Angelica Calabrese is a writer, researcher, curator, and educator whose interdisciplinary work draws on decolonial knowledge production and commoning practices, environmental humanities, and feminist science and technology studies to facilitate connection between people and landscapes.
She has an MA in Anthropology from The New School for Social Research, where she studied landscape histories in southern Italy and multispecies care. Her undergraduate degree is from Yale University.
Her creative practice opens occasions of encounter with texts, images, materials, and beings to encourage critical reflection on identity and intersubjectivity. As a writer and ethnographer, she has conducted research on olive tree disease in southern Italy, where she investigated the causes, consequences, and afterlives of environmental destruction. Her writing has been published by Robida Magazine, Roads and Kingdoms, and Atlas Obscura.

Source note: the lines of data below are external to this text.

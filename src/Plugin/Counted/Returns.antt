-- ===== src/Plugin/Counted/Returns.antt =====
-- Requests that come to their end.
use nova_airouter.Prelude.{true, is_some, List, [], ◌∷◌, ◌≡◌}
use nova_airouter.Plugin.{Backend, Plugin}
use nova_airouter.Plugin.Chat.{World}
use nova_airouter.Plugin.Counted.Chat.{Activity, chats, sweeps}

-- Every backend answers the first post of a request.
abbrev pub IsUp : {R : Type 0} → World R → Type 0
IsUp w = (b : Backend) → is_some (w.answer 0 b) ≡ true

abbrev pub AreUp : {R : Type 0} → List (Activity R) → Type 0
AreUp [] = Unit
AreUp (chats now w method body ∷ es) = IsUp w × AreUp es
AreUp (sweeps now ∷ es) = AreUp es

She has curated events and exhibitions on botanical art, drawing, and walking as intersubjective practices in Lecce (2022) and in the regional parks of of Rauccio (2023) and Otranto Santa Maria di Leuca (2023). She was also part of the curatorial team of the 2025 Annual Gathering in Borgo Ex (Carlentini, Sicily), focused on care, commoning, and decolonial praxis. Her practice also includes critical reflection on pedagogy and community through the management and facilitation of experiential education programming in partnership with communities in West Africa, Southeast Asia, Latin America, and the American West.
As an educator and facilitator, she has collaborated with Decolonizing Art and Architecture Studies in Diso, IT, Where There Be Dragons (Senegal; remote); Laying Groundwork (CO, USA) and other organizations.
She currently thinks about wild plants, botanical drawing, time and memory, family archives, and how practices of multispecies care and attention reshape subjectivities from a home base in Lecce, IT.